Gemini Embedding 2 supports Matryoshka Representation Learning, which means the first N dimensions of the full 3072-dimensional vector are a valid lower-dimensional embedding. Truncating to 1536 dimensions halves storage and index memory while retaining most of the quality. The outputDimensionality parameter controls this:

const result = await ctx.ai.embed({
  contents: ["text to embed"],
  feature: "hybrid-search-index",
  outputDimensionality: 1536, // Default via the search pipeline
});

Model Registry (Database)

The runtime code in @repo/ai uses hardcoded model IDs and token limits for API calls. However, cost estimation uses the database-backed model registry:

ai_model -- stores model metadata (provider, context window, supported features, active flag)
ai_model_pricing -- stores pricing per type (input, output, cache read/write, batch variants, web search, code execution) with effectiveFrom/effectiveUntil date ranges

When Anthropic or Google changes pricing, a new ai_model_pricing row is inserted with the new effective date. The old row gets an effectiveUntil value. Cost calculations in recording.ts query the active pricing at call time.

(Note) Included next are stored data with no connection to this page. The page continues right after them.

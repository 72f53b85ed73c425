-- ===== src/System/Backed.antt =====
-- The outbox holds one event for each stored payment, whatever the processes do.
use distributed_payment_pipe.Base.{
  ℕ, suc, ◌+◌, ◌≡◌, refl, sym, ◌∙◌, ap, ◌&&◌, List, [], ◌∷◌, ◌++◌, map, arith, if◌then◌else◌, inl,
  inr,
}
use distributed_payment_pipe.Text.{Text, codes, text_eq}
use distributed_payment_pipe.Errors.{Result}
use distributed_payment_pipe.Domain.{
  Time, State, Transaction, state_validated, state_captured, state_failed,
}
use distributed_payment_pipe.Db.{Db, Batch, OutboxRow, set_state, insert_outbox}
use distributed_payment_pipe.Store.{SaveReplies, save_with_outbox}
use distributed_payment_pipe.Store.Save.{event_row, save_with_outbox_atomic}
use distributed_payment_pipe.Store.Update.{update_state_frame}
use distributed_payment_pipe.Ledger.{PostReplies, post}
use distributed_payment_pipe.Settlement.{CapturedGroup, settle_row, persisted}
use distributed_payment_pipe.Settlement.Persist.{event_of}
use distributed_payment_pipe.Kafka.{Publish, DlqMessage, topic_payments_received}
use distributed_payment_pipe.Outbox.{EventCodec}
use distributed_payment_pipe.Outbox.Relay.Marked.{unmarked}
use distributed_payment_pipe.Intake.{Packages, Server}
use distributed_payment_pipe.System.Rows.{post_rows}
use distributed_payment_pipe.System.Stable.{IsStable}
use distributed_payment_pipe.System.Settled.{tick_keeps}
use distributed_payment_pipe.System.{Event, handle_all}
use distributed_payment_pipe.System.Kept.{handle_all_keeps}

-- The number of rows of a payment.
unfoldable pub rows_of : Text → List Transaction → ℕ
rows_of p [] = 0
rows_of p (t ∷ ts) = if text_eq t.payment_id p then suc (rows_of p ts) else rows_of p ts

-- The number of its events that say that it was received, published or not.
unfoldable pub events_of : Text → List OutboxRow → ℕ
events_of p [] = 0
events_of p (r ∷ rows) =
    if text_eq r.topic topic_payments_received && text_eq r.aggregate_id p
    then suc (events_of p rows)
    else events_of p rows

-- Each payment has as many events as rows.
abbrev pub IsBacked : Db → Type 0
IsBacked db = (p : Text) → events_of p db.outbox ≡ rows_of p db.transactions

rows_of-append :
    (p : Text) (t : Transaction) (rows : List Transaction)
    → rows_of p (rows ++ t ∷ []) ≡ rows_of p rows + (if text_eq t.payment_id p then 1 else 0)
unfolding rows_of
rows_of-append p t [] = ground arith
rows_of-append p t (r ∷ rows) = ground (arith, rows_of-append p t rows)

events_of-append :
    (p : Text) (r : OutboxRow) (rows : List OutboxRow)
    → events_of p (rows ++ r ∷ [])
      ≡ events_of p rows
        + (if text_eq r.topic topic_payments_received && text_eq r.aggregate_id p then 1 else 0)
unfolding events_of
events_of-append p r [] = ground arith
events_of-append p r (x ∷ rows) = ground (arith, events_of-append p r rows)

events_of-unmarked :
    (p : Text) (rows : List OutboxRow) → events_of p (map unmarked rows) ≡ events_of p rows
unfolding events_of
events_of-unmarked p [] = refl
events_of-unmarked p (r ∷ rows) = ground (arith, events_of-unmarked p rows)

rows_of-set_state :
    (p q : Text) (from to : State) (now : Time) (rows : List Transaction)
    → rows_of p (set_state q from to now rows) ≡ rows_of p rows
unfolding rows_of set_state
rows_of-set_state p q from to now [] = refl
rows_of-set_state p q from to now (r ∷ rows) =
    ground (arith, rows_of-set_state p q from to now rows)

rows_of-settle :
    (p : Text) (ids : List Text) (now : Time) (rows : List Transaction)
    → rows_of p (map (settle_row ids now) rows) ≡ rows_of p rows
unfolding rows_of settle_row
rows_of-settle p ids now [] = refl
rows_of-settle p ids now (r ∷ rows) = ground (arith, rows_of-settle p ids now rows)

save_with_outbox-IsBacked :
    (r : SaveReplies) (t : Transaction) (payload : Text) (db : Db)
    → IsBacked db
    → IsBacked (save_with_outbox r t payload db).1
unfolding text_eq
save_with_outbox-IsBacked r t payload db h p = elim (save_with_outbox_atomic r t payload db) [
  | inl (bad, same) ↦ rw same (h p)
  | inr (inr (good, same, lost)) ↦ rw same (h p)
  | inr (inl (good, (rows, events, ledger, log, batches))) ↦
      rw (rows, events)
        (ground (
          arith,
          h p,
          rows_of-append p t db.transactions,
          events_of-append p (event_row t payload db) db.outbox,
        ))
]

post_outbox :
    (r : PostReplies) (trx : Transaction) (now : Time) (db : Db)
    → (post r trx now db).1.outbox ≡ db.outbox
unfolding post
post_outbox r trx now db = ground (
  arith,
  update_state_frame r.update trx.payment_id state_validated state_captured now db,
  update_state_frame r.update trx.payment_id state_validated state_failed now db,
)

post-IsBacked :
    (r : PostReplies) (trx : Transaction) (now : Time) (db : Db)
    → IsBacked db
    → IsBacked (post r trx now db).1
post-IsBacked r trx now db h p = rw (post_outbox r trx now db) (
    ground (
      arith,
      h p,
      post_rows r trx now db,
      rows_of-set_state p trx.payment_id state_validated state_captured now db.transactions,
      rows_of-set_state p trx.payment_id state_validated state_failed now db.transactions,
    ))

persisted-IsBacked :
    (b : Batch) (g : CapturedGroup) (settled payout : Text) (now : Time) (db : Db)
    → IsBacked db
    → IsBacked (persisted b g settled payout now db)
unfolding persisted insert_outbox text_eq
persisted-IsBacked b g settled payout now db h p = ground (
  arith,
  h p,
  rows_of-settle p g.payment_ids now db.transactions,
  events_of-append p (event_of db.next_outbox_id b (codes "payments.settled") settled now)
      db.outbox,
  events_of-append p (event_of (suc db.next_outbox_id) b (codes "payouts.requested") payout now)
      (db.outbox ++ event_of db.next_outbox_id b (codes "payments.settled") settled now ∷ []),
)

IsBacked-IsStable : IsStable IsBacked
IsBacked-IsStable = record {
  saved = λ r t payload db fresh h. save_with_outbox-IsBacked r t payload db h;
  posted = post-IsBacked;
  ticked =
      tick_keeps IsBacked
        (λ b g settled payout now db new h. persisted-IsBacked b g settled payout now db h);
  relayed = λ rows db same h p.
      sym (events_of-unmarked p rows)
      ∙ ap (events_of p) same
      ∙ events_of-unmarked p db.outbox
      ∙ h p;
}

module _ {R B : Type 0} (lib : Packages) (server : Server R) (publish : Publish B)
    (marshal : DlqMessage → Result Text) (codec : EventCodec) where
  -- Through any sequence of operations of the processes, each run to its end before the next, with
  -- any answers of Redis, Postgres and the broker: for every payment id the outbox holds as many
  -- payments.received events as there are rows of that payment, if that held at the start. So no
  -- stored payment lacks its event, and no event is without its payment.
  pub handle_all-IsBacked :
      (es : List (Event R B)) (db : Db)
      → IsBacked db
      → IsBacked (handle_all lib server publish marshal codec es db)
  handle_all-IsBacked = handle_all_keeps lib server publish marshal codec IsBacked IsBacked-IsStable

See Data & Storage -- Reference Data for the full schema and seeding details.

Environment Variables

Variable	Purpose	Where
`ANTHROPIC_API_KEY`	Claude API authentication	Environment Variables
`GOOGLE_AI_API_KEY`	Gemini Embedding API authentication	Environment Variables

Both are stored in GCP Secret Manager and synced to the VM at deploy time. Local development uses values from apps/web/.env.